## Your objective
Every line of the entries with the word "false" in it should be shown.

## Data to use
━━━
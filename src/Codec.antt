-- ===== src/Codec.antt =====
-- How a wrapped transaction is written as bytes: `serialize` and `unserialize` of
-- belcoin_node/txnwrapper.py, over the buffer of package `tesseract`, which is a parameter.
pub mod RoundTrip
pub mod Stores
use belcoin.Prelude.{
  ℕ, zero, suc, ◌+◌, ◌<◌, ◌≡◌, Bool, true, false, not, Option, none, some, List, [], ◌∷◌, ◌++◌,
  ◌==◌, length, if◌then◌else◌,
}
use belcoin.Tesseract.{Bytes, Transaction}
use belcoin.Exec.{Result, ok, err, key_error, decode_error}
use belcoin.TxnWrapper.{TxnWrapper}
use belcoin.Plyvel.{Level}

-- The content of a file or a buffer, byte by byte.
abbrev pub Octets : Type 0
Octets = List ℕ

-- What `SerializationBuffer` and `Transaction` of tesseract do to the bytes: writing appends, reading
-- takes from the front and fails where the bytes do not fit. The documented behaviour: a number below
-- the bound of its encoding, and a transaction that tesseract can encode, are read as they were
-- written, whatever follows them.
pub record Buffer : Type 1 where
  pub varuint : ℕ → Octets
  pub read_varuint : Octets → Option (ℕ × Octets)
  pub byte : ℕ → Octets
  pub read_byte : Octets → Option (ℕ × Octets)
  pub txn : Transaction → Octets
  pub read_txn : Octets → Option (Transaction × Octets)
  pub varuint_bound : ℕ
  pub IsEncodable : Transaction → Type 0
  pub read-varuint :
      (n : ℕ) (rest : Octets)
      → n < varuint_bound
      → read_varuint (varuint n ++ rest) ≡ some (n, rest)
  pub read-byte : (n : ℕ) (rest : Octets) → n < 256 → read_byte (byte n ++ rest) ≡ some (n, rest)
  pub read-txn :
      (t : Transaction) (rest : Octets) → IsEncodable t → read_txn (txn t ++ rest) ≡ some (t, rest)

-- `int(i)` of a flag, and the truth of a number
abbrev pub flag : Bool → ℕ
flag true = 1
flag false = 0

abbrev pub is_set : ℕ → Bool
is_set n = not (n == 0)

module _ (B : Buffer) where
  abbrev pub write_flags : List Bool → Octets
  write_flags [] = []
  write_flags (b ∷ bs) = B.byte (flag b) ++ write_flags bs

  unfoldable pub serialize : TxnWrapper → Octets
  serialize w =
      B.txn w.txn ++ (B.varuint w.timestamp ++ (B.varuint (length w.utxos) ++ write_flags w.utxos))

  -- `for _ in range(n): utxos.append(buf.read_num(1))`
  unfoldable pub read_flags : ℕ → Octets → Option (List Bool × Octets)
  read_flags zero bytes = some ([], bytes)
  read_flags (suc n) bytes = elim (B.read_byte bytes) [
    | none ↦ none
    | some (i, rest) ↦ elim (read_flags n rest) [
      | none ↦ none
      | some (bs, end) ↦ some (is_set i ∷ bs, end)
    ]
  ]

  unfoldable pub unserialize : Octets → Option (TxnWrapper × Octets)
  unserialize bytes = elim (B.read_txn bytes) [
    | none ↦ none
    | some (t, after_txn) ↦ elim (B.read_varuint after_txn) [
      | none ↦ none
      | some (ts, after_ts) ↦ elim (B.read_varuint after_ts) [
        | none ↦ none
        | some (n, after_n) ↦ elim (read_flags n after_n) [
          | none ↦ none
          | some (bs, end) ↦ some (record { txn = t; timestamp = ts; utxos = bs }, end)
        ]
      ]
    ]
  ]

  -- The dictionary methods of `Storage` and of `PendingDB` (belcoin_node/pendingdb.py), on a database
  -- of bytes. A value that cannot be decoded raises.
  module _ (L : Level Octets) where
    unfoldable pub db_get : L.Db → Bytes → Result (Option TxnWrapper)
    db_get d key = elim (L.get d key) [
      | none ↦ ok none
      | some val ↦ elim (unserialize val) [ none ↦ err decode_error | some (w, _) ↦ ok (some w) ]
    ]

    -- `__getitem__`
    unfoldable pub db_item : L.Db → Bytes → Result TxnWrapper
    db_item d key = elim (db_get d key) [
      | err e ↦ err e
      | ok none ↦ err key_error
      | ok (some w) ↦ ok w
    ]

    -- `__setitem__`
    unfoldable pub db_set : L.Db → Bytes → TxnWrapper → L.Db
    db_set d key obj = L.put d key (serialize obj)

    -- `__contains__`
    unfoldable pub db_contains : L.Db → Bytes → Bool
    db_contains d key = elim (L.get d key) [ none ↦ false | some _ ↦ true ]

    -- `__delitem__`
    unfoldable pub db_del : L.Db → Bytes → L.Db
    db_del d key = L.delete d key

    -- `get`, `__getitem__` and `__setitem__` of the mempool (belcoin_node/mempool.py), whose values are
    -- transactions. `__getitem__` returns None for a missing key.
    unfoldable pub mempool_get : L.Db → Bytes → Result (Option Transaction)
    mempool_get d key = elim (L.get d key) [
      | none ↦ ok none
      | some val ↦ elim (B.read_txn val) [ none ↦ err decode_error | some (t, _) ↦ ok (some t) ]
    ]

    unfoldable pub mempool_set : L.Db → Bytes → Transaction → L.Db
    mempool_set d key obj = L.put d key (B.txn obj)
━━━
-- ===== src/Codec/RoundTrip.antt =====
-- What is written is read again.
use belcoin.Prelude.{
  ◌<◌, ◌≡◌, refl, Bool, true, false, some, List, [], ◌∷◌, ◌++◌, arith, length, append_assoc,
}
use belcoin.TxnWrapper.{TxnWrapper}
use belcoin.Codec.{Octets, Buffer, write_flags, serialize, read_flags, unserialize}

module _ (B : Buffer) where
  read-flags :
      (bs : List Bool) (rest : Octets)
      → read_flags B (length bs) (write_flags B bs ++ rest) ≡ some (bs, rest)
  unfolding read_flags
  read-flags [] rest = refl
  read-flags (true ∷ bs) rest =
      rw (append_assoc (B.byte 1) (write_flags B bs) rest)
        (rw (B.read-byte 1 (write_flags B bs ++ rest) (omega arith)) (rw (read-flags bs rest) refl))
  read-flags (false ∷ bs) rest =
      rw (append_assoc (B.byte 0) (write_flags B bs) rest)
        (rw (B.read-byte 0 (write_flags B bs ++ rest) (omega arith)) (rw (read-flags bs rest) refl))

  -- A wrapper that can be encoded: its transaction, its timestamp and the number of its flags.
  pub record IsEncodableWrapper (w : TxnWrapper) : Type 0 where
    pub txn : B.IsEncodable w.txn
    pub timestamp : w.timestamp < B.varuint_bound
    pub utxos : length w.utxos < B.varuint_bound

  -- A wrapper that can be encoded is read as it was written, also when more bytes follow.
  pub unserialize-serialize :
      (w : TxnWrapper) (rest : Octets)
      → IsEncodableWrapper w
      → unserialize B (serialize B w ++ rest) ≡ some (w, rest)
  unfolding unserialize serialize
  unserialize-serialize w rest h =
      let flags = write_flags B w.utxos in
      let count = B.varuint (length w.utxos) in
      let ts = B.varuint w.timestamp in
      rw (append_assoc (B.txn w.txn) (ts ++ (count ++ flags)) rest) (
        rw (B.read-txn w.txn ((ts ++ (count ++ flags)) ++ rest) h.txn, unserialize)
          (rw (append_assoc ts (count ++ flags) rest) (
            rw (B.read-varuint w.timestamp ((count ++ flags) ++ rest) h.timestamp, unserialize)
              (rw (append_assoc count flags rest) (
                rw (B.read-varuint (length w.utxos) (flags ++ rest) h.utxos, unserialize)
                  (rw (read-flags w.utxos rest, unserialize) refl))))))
━━━
## Response to this task
  ℕ, zero, suc, ◌+◌, ◌<◌, ◌≡◌, Bool, true, false, not, Option, none, some, List, [], ◌∷◌, ◌++◌,
flag false = 0
    db_contains d key = elim (L.get d key) [ none ↦ false | some _ ↦ true ]
  ◌<◌, ◌≡◌, refl, Bool, true, false, some, List, [], ◌∷◌, ◌++◌, arith, length, append_assoc,
  read-flags (false ∷ bs) rest =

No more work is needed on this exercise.